In my Python script I have generated a dictionary with several data, which I want to add to a CSV file, only if the dictionary keys do not exist inside the file, or if they exist then they are overwritten so they do not duplicate .
How can I do this using pandas?
My script is already able to add the data to the dataFrame, but I duplicate the data.
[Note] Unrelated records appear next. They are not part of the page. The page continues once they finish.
-- ===== src/Iocp/Delivery/Keeps.antt =====
-- AllSound step of the threads and the kernel keeps every operation where it can be.
use jnet_lib.Base.{
  ℕ, ◌+◌, ◌-◌, ◌<◌, ◌≡◌, inl, inr, refl, sym, ap, ap₂, ◌∙◌, Bool, true, false, not, Bool-cases,
  Option, none, some, List, [], ◌∷◌, ◌++◌, ◌==◌, arith,
}
use jnet_lib.Iocp.{
  Packet, from_kernel, contains_result, interrupt, wake_for_dispatch, Service, new_service, stop,
  acquire_dispatch, dispatch_completed, take_interrupt, take_packet, finish, Step, begins, fails,
  posts, kernel, returns, takes, claims, finishes, acquires, dispatches, stops, Steps, here, next,
}
use jnet_lib.Iocp.Delivery.{
  bit, fresh_in, result_in, count, view, IsSound, is_complete, in_kernel, is_taken, is_caught,
  waits,
}
use jnet_lib.Iocp.Delivery.Post.{==_same}
use jnet_lib.Iocp.Delivery.Begin.{
  AllSound, at_each, unseen, begin_overlapped-AllSound, begin_completed-AllSound,
  begin_posted-AllSound, kernel_completes-AllSound,
}
use jnet_lib.Iocp.Delivery.Moves.{
  quiet_append, end_overlapped-AllSound, claim-AllSound, stop-view, work_finished-view,
  acquire_dispatch-view, post_deferred_completions-view,
}

dispatch_completed-AllSound : (n : ℕ) (s : Service) → AllSound s → AllSound (dispatch_completed n s)
unfolding dispatch_completed
dispatch_completed-AllSound n s h =
    unseen s (dispatch_completed n s)
      (λ j.
        post_deferred_completions-view n s.completed_ops
          (record s { completed_ops = []; dispatchers = s.dispatchers - 1 }) j
          (λ l. listed j l (h j))
        ∙ ap (λ n. record (view s j) { results = n }) (omega arith))
      h
  where
    listed : (j : ℕ) → 0 < count j s.completed_ops → IsSound (view s j) → s.ready j ≡ true
    listed j l (is_complete a f c h u) = absurd (omega (arith, c, l))
    listed j l (in_kernel a f c h u) = absurd (omega (arith, c, l))
    listed j l (is_taken a f c h d u) = absurd (omega (arith, c, l))
    listed j l (is_caught a b f c h d u) = b
    listed j l (waits a b f c h d u) = b

module _ (error : Option ℕ) (ps : List Packet) (s : Service) where
  take_kernel-AllSound :
      (k : ℕ)
      → s.port ≡ from_kernel k ∷ ps
      → AllSound s
      → AllSound (take_packet error (from_kernel k) ps s).0
  unfolding take_packet
  take_kernel-AllSound k e h =
      at_each s (take_packet error (from_kernel k) ps s).0 k (own (h k)) other h
    where
      in_port : (j : ℕ) → fresh_in j s.port ≡ bit (j == k) + fresh_in j ps
      in_port j = ap (fresh_in j) e

      results_in_port : (j : ℕ) → result_in j s.port ≡ result_in j ps
      results_in_port j = ap (result_in j) e

      own : IsSound (view s k) → IsSound (view (take_packet error (from_kernel k) ps s).0 k)
      own (is_complete a f c l u) = absurd (omega (arith, f, in_port k, ap bit (==_same k)))
      own (in_kernel a f c l u) = rw (==_same k) (
          is_taken a (omega (arith, f, in_port k, ap bit (==_same k)))
            (omega (arith, c, results_in_port k)) (ap (λ l. l ++ (s.outcome k ∷ [])) l) refl u)
      own (is_taken a f c l d u) = absurd (omega (arith, f, in_port k, ap bit (==_same k)))
      own (is_caught a b f c l d u) = absurd (omega (arith, f, in_port k, ap bit (==_same k)))
      own (waits a b f c l d u) = absurd (omega (arith, f, in_port k, ap bit (==_same k)))

      other :
          (j : ℕ) → (j == k) ≡ false → view (take_packet error (from_kernel k) ps s).0 j ≡ view s j
      other j d = rw d (
          ap₂ (λ n m. record (view s j) { fresh = n; results = m })
            (omega (arith, in_port j, ap bit d)) (omega (arith, results_in_port j)))

  take_result-AllSound :
      (k : ℕ)
      → s.port ≡ contains_result k ∷ ps
      → AllSound s
      → AllSound (take_packet error (contains_result k) ps s).0
  unfolding take_packet
  take_result-AllSound k e h =
      at_each s (take_packet error (contains_result k) ps s).0 k (own (h k)) other h
    where
      in_port : (j : ℕ) → fresh_in j s.port ≡ fresh_in j ps
      in_port j = ap (fresh_in j) e

      results_in_port : (j : ℕ) → result_in j s.port ≡ bit (j == k) + result_in j ps
      results_in_port j = ap (result_in j) e

      own : IsSound (view s k) → IsSound (view (take_packet error (contains_result k) ps s).0 k)
      own (is_complete a f c l u) = absurd (omega (arith, c, results_in_port k, ap bit (==_same k)))
      own (in_kernel a f c l u) = absurd (omega (arith, c, results_in_port k, ap bit (==_same k)))
      own (is_taken a f c l d u) = absurd (omega (arith, c, results_in_port k, ap bit (==_same k)))
      own (is_caught a b f c l d u) =
          absurd (omega (arith, c, results_in_port k, ap bit (==_same k)))
      own (waits a b f c l d u) = rw (==_same k) (
          is_taken (a ∙ sym (ap not b)) (omega (arith, f, in_port k))
            (omega (arith, c, results_in_port k, ap bit (==_same k)))
            (ap₂ (λ l r. l ++ (r ∷ [])) l d) d u)

      other :
          (j : ℕ)
          → (j == k) ≡ false
          → view (take_packet error (contains_result k) ps s).0 j ≡ view s j
      other j d = rw d (
          ap₂ (λ n m. record (view s j) { fresh = n; results = m }) (omega (arith, in_port j))
            (omega (arith, results_in_port j, ap bit d)))

  -- A packet without an operation is gone.
  quiet_take :
      (p : Packet) (j : ℕ)
      → fresh_in j (p ∷ ps) ≡ fresh_in j ps
      → result_in j (p ∷ ps) ≡ result_in j ps
      → s.port ≡ p ∷ ps
      → view (record s { port = ps }) j ≡ view s j
  quiet_take p j f r e =
      ap₂ (λ n m. record (view s j) { fresh = n; results = m })
        (omega (arith, f, ap (fresh_in j) e)) (omega (arith, r, ap (result_in j) e))

take_interrupt-view :
    (error : Option ℕ) (ps : List Packet) (s : Service) (j : ℕ)
    → s.port ≡ interrupt ∷ ps
    → view (take_packet error interrupt ps s).0 j ≡ view s j
unfolding take_packet take_interrupt
take_interrupt-view none ps s j e = elim (Bool-cases s.stopped) [
  | inl d ↦ rw d (
      quiet_append (record s { port = ps }) j interrupt refl refl
      ∙ quiet_take none ps s interrupt j refl refl e)
  | inr d ↦ rw d (quiet_take none ps s interrupt j refl refl e)
]
take_interrupt-view (some n) ps s j e = elim (Bool-cases s.stopped) [
  | inl d ↦ rw d (quiet_take none ps s interrupt j refl refl e)
  | inr d ↦ rw d (quiet_take none ps s interrupt j refl refl e)
]

pub Step-AllSound : {s s' : Service} → Step s s' → AllSound s → AllSound s'
unfolding take_packet finish
Step-AllSound {s} (begins k r e) h = begin_overlapped-AllSound k r s e h
Step-AllSound {s} (fails ok k r e) h = begin_completed-AllSound ok k r s e h
Step-AllSound {s} (posts ok k e) h = begin_posted-AllSound ok k s e h
Step-AllSound {s} (kernel k e) h = kernel_completes-AllSound k s e h
Step-AllSound {s} (returns ok k e) h = end_overlapped-AllSound ok k s e h
Step-AllSound {s} (takes error (from_kernel k) ps e) h = take_kernel-AllSound error ps s k e h
Step-AllSound {s} (takes error (contains_result k) ps e) h = take_result-AllSound error ps s k e h
Step-AllSound {s} (takes error interrupt ps e) h =
    unseen s (take_packet error interrupt ps s).0 (λ j. take_interrupt-view error ps s j e) h
Step-AllSound {s} (takes error wake_for_dispatch ps e) h =
    unseen s (take_packet error wake_for_dispatch ps s).0
      (λ j. quiet_take error ps s wake_for_dispatch j refl refl e) h
Step-AllSound {s} (claims k r rest e) h = claim-AllSound k r rest s e h
Step-AllSound {s} (finishes error l) h =
    unseen s (finish error s)
      (λ j. work_finished-view error (record s { finishing = s.finishing - 1 }) j) h
Step-AllSound {s} acquires h = unseen s (acquire_dispatch s) (acquire_dispatch-view s) h
Step-AllSound {s} (dispatches n l) h = dispatch_completed-AllSound n s h
Step-AllSound {s} (stops error) h = unseen s (stop error s).0 (stop-view error s) h

-- In every history of the Windows service, whatever the kernel does, however the threads
-- interleave and whichever calls of PostQueuedCompletionStatus fail: each operation that was
-- started has been completed as often as it was started or once less, with the results that
-- the kernel or on_completion gave it, in their order; and one that is not complete is in
-- exactly one place: with the kernel or in its packet, taken by a thread, caught before its
-- initiating function returned, or its result waits in the port or in completed_ops_.
pub Steps-AllSound : (b : Bool) {s : Service} → Steps (new_service b) s → AllSound s
unfolding new_service
Steps-AllSound b here j = is_complete refl refl refl refl refl
Steps-AllSound b (next h a) j = Step-AllSound a (Steps-AllSound b h) j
data_dict = {'2018mbusasalesjan': [0, '2018mbusasalesjan', 2018, 'January', 0, 0, 0, 0, 0, 0, 0, 0, 0, 0, 0], '2018mbusasalesfeb': [1, '2018mbusasalesfeb', 2018, 'February', 0, 0, 0, 0, 0, 0, 0, 0, 0, 0, 0], '2018mbusasalesmar': [2, '2018mbusasalesmar', 2018, 'March', 0, 0, 0, 0, 0, 0, 0, 0, 0, 0, 0], '2018mbusasalesapr': [3, '2018mbusasalesapr', 2018, 'April', 0, 0, 0, 0, 0, 0, 0, 0, 0, 0, 0], '2018mbusasalesmay': [4, '2018mbusasalesmay', 2018, 'May', 0, 0, 0, 0, 0, 0, 0, 0, 0, 0, 0], '2018mbusasalesjun': [5, '2018mbusasalesjun', 2018, 'June', 0, 0, 0, 0, 0, 0, 0, 1000, 0, 0, 0], '2018mbusasalesjul': [6, '2018mbusasalesjul', 2018, 'July', 0, 0, 0, 0, 0, 0, 0, 0, 0, 0, 0], '2018mbusasalesaug': [7, '2018mbusasalesaug', 2018, 'August', 0, 0, 0, 0, 0, 0, 0, 0, 0, 0, 0], '2018mbusasalessep': [8, '2018mbusasalessep', 2018, 'September', 0, 0, 0, 0, 0, 0, 0, 0, 0, 0, 0], '2018mbusasalesoct': [9, '2018mbusasalesoct', 2018, 'October', 0, 0, 0, 0, 0, 0, 0, 0, 0, 0, 0], '2018mbusasalesnov': [10, '2018mbusasalesnov', 2018, 'November', 0, 0, 0, 0, 0, 0, 0, 0, 0, 0, 0], '2018mbusasalesdec': [11, '2018mbusasalesdec', 2018, 'December', 0, 0, 0, 0, 0, 0, 0, 0, 0, 0, 0]}
datos_Sales_Mbusa =pd.read_csv('mbusasales.csv', index_col = 0, encoding = 'utf-8')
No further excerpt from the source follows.